Problem to work on:
Determine the number of lines in the entries below in which the word "PolicyRule" appears, and reply with that number only.

Data under study:
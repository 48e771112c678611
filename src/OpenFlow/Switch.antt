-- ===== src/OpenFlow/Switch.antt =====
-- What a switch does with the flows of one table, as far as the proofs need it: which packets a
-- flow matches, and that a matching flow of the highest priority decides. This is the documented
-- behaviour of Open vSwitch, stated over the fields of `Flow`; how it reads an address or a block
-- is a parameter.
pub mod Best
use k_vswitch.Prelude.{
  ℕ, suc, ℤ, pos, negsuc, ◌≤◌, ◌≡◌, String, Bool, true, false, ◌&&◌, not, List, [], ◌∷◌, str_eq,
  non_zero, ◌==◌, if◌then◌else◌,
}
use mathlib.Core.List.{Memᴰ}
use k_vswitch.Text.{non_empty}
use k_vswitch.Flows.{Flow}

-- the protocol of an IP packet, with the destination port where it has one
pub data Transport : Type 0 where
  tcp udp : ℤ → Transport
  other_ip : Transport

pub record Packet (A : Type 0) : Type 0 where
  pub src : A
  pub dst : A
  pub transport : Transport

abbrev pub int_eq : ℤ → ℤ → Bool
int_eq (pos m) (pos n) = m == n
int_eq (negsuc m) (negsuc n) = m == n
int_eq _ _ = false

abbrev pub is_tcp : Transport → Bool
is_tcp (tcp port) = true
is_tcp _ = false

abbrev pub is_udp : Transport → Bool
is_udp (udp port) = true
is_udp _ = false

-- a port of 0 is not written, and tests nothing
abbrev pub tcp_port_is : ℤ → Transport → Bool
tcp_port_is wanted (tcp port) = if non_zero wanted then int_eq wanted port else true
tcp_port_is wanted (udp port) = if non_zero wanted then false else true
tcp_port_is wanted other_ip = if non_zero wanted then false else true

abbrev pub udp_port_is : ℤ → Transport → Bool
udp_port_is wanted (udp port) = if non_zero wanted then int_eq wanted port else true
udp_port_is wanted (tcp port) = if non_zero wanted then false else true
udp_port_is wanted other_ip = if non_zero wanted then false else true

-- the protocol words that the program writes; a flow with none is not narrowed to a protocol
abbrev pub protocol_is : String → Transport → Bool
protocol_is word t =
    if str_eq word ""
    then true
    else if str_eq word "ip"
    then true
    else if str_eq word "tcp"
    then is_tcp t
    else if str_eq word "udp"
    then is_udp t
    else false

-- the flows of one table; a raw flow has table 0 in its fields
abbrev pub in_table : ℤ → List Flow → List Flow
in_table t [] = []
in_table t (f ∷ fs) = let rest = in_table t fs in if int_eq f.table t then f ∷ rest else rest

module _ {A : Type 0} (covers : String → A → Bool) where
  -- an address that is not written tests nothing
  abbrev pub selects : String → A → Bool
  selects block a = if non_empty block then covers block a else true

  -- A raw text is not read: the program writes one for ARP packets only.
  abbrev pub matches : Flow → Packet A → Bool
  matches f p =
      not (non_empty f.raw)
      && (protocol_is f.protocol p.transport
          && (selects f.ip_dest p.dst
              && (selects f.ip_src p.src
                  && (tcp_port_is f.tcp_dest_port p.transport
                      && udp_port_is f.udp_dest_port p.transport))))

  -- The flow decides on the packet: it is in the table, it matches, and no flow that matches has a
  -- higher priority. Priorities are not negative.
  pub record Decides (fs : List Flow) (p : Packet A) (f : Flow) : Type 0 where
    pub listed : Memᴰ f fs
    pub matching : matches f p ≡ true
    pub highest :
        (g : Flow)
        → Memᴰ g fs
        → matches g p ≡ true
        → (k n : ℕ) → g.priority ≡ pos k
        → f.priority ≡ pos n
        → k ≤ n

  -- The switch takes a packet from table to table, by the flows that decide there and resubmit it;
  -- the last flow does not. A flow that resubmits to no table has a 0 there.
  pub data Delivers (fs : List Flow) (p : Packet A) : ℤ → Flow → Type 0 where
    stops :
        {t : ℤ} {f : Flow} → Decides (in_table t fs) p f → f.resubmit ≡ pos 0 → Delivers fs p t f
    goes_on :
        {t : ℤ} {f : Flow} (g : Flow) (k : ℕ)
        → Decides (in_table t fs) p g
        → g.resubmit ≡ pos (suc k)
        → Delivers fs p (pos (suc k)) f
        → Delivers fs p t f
==
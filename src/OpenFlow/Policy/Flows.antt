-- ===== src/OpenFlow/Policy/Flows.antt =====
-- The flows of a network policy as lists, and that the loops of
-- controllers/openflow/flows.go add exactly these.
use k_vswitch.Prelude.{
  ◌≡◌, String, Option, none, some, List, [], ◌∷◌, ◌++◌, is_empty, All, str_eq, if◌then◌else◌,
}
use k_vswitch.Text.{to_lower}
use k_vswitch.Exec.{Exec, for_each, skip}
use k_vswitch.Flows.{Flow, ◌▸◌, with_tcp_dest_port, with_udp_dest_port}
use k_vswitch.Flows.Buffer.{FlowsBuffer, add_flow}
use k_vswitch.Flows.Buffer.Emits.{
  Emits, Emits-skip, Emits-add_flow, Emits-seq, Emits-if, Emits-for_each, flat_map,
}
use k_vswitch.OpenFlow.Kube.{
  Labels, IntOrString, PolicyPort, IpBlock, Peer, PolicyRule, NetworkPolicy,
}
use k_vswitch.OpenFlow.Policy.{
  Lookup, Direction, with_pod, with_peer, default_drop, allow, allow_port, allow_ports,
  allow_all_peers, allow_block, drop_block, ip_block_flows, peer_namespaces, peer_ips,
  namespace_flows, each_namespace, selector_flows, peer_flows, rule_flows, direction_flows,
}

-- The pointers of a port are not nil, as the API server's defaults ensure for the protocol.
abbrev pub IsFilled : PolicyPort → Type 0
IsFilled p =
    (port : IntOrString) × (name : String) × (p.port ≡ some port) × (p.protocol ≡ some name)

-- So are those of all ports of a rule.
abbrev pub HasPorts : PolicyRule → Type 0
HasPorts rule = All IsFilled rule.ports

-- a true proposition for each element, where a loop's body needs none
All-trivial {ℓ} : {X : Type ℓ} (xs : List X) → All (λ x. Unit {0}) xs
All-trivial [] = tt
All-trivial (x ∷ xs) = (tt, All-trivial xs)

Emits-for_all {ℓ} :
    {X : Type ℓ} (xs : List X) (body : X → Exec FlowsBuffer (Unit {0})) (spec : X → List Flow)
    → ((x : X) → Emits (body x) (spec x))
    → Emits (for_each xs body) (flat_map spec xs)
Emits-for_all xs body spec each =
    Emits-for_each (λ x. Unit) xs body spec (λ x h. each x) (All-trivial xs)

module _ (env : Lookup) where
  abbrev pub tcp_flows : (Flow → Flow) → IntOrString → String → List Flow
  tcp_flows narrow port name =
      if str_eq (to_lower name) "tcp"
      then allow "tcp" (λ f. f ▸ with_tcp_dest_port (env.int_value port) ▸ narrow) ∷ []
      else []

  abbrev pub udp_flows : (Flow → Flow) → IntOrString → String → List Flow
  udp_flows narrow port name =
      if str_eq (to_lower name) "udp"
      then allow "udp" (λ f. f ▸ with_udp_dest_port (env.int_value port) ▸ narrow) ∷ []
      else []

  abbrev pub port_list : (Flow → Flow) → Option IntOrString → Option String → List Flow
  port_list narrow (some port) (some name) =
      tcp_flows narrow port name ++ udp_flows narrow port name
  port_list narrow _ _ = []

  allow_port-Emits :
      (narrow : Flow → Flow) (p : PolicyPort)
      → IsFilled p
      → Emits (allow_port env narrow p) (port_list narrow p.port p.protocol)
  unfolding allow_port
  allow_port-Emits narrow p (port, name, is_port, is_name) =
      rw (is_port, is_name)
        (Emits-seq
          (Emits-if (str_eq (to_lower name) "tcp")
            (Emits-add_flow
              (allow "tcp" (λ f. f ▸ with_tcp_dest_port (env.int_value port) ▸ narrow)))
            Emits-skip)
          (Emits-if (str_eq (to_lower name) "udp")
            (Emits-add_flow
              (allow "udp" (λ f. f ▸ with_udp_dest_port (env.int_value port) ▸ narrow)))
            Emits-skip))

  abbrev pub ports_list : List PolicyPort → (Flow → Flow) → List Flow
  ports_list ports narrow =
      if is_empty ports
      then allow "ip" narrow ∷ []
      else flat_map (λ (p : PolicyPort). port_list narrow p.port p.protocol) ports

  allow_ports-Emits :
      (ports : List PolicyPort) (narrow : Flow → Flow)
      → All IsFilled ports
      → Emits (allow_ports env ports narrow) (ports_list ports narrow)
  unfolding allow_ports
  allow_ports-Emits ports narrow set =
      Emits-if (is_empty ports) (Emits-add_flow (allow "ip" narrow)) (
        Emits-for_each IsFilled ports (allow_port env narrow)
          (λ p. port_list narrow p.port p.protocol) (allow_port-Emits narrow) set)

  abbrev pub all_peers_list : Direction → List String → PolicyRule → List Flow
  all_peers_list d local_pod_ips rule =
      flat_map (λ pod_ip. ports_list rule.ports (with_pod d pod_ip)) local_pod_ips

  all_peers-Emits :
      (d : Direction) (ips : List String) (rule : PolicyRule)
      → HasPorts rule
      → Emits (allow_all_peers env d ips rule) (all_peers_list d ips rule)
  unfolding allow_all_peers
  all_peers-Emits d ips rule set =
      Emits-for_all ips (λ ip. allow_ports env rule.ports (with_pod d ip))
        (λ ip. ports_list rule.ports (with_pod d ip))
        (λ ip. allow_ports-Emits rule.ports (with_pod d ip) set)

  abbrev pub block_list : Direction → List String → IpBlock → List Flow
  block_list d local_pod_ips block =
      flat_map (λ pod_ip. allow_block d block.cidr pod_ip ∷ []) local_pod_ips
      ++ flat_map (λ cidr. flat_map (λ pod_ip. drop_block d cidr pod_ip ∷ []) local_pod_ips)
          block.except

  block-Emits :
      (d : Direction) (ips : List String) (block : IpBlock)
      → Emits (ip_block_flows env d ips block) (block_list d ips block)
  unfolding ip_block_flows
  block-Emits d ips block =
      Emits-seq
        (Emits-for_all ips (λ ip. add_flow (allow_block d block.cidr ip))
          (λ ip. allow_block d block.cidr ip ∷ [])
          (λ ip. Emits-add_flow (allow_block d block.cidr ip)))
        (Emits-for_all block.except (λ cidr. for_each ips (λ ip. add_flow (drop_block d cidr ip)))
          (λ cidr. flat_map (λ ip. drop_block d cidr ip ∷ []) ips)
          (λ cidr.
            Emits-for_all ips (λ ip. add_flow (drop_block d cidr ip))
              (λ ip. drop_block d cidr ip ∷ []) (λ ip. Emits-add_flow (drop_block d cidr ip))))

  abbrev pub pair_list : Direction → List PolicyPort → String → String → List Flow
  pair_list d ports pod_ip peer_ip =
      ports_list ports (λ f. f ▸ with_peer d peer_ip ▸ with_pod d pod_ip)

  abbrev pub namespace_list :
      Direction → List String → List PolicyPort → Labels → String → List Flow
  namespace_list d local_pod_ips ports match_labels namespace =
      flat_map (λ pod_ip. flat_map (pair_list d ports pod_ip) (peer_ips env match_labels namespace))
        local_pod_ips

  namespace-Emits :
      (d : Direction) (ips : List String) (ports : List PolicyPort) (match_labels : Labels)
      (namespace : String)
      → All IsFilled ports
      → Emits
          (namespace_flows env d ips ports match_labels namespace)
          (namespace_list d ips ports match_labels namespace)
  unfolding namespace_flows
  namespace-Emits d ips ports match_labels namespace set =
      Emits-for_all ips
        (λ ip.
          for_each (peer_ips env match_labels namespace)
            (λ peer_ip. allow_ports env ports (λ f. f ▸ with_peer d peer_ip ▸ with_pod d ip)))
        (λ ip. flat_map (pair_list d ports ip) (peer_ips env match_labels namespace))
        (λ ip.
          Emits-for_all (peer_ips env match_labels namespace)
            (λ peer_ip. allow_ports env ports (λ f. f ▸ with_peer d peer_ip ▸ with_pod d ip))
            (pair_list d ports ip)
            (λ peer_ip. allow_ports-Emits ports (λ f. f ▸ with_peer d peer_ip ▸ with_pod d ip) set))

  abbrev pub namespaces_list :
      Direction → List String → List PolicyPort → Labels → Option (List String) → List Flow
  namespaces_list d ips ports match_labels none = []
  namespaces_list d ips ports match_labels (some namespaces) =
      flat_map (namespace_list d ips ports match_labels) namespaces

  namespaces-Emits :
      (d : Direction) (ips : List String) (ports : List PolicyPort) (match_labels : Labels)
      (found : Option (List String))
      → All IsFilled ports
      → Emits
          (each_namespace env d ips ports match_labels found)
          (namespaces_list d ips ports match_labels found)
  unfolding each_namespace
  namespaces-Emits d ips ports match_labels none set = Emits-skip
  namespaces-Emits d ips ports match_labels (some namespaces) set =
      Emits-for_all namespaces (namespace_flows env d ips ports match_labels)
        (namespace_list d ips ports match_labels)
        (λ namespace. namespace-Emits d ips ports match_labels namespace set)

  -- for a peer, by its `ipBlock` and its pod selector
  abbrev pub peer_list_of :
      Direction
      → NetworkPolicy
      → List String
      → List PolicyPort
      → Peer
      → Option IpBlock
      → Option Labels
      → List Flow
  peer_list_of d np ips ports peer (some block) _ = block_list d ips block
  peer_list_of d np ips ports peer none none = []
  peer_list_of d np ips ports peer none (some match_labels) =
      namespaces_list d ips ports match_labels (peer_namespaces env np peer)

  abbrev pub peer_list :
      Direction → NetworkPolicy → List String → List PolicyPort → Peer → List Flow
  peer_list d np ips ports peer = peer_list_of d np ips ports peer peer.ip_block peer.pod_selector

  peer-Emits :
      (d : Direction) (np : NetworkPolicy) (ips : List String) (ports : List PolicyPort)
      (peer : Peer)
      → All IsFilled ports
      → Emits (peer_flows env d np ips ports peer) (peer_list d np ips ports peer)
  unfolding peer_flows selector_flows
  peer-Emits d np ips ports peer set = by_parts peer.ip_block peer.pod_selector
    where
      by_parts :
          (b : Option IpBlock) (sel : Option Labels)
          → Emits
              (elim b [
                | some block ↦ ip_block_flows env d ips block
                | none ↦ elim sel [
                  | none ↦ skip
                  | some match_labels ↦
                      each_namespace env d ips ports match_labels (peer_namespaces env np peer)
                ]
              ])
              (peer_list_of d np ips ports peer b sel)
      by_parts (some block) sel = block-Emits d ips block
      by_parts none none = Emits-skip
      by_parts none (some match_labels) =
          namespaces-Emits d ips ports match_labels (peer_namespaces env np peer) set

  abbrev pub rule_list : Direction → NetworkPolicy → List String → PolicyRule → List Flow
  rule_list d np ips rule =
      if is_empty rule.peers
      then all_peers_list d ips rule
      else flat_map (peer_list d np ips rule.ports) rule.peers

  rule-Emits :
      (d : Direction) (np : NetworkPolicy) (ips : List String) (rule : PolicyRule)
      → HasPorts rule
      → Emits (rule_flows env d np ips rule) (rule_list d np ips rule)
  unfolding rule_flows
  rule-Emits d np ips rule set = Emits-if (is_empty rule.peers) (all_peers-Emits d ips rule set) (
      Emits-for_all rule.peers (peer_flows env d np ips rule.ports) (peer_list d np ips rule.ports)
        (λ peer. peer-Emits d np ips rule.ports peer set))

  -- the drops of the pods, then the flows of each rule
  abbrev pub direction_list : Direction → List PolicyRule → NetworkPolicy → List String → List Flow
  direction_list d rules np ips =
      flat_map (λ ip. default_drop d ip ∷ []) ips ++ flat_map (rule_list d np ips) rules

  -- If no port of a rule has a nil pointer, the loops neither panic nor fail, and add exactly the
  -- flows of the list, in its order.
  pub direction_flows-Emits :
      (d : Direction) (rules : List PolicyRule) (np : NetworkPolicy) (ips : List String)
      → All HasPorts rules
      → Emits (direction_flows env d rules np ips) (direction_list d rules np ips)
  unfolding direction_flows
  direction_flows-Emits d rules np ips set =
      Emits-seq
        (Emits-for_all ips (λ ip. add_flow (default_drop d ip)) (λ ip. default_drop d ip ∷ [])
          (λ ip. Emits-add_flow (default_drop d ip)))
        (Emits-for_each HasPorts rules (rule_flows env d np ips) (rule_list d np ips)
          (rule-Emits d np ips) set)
* * *
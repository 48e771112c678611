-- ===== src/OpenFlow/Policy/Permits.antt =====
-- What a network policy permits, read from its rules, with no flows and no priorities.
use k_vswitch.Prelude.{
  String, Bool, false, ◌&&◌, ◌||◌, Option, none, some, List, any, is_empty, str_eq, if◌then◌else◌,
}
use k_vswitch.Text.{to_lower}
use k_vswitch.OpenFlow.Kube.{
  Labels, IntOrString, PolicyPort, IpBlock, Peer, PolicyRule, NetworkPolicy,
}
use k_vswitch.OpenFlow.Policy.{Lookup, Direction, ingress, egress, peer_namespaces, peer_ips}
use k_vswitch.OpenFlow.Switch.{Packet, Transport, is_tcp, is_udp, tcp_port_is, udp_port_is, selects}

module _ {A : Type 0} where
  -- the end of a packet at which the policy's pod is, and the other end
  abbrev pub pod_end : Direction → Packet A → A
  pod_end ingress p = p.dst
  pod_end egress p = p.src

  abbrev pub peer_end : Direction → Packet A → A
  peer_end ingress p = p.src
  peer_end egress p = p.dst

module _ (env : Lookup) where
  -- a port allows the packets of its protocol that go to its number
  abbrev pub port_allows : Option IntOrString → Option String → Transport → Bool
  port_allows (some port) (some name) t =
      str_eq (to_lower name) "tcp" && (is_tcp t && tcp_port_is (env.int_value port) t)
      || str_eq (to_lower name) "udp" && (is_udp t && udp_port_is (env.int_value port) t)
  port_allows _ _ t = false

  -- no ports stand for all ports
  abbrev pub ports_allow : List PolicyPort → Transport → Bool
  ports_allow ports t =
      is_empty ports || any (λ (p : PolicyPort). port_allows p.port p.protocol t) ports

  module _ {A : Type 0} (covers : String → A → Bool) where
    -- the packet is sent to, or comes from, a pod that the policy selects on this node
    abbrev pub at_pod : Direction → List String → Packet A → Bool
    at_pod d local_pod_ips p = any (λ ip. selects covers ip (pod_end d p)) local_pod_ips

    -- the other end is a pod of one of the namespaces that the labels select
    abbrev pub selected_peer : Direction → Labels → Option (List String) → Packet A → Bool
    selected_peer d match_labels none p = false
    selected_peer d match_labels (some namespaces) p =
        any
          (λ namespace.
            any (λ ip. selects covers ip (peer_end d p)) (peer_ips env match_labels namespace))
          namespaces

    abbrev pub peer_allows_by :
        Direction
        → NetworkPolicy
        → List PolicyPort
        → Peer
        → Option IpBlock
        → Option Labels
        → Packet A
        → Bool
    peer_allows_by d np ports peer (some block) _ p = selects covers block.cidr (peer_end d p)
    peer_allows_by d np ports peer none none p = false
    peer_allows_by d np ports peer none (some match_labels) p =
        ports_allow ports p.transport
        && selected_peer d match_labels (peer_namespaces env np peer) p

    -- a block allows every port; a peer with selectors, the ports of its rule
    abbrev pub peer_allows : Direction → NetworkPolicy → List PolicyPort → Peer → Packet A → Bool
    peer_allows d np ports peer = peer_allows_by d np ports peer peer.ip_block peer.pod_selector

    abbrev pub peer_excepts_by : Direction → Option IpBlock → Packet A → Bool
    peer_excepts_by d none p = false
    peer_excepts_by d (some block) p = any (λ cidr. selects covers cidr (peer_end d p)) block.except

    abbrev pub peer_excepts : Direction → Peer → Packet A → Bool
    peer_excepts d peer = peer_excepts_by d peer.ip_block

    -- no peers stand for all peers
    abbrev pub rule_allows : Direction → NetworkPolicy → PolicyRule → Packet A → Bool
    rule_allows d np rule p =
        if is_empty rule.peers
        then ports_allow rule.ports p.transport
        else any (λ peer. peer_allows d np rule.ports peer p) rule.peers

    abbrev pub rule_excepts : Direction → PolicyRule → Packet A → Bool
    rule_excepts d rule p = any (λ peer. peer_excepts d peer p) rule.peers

Exercise solution:
11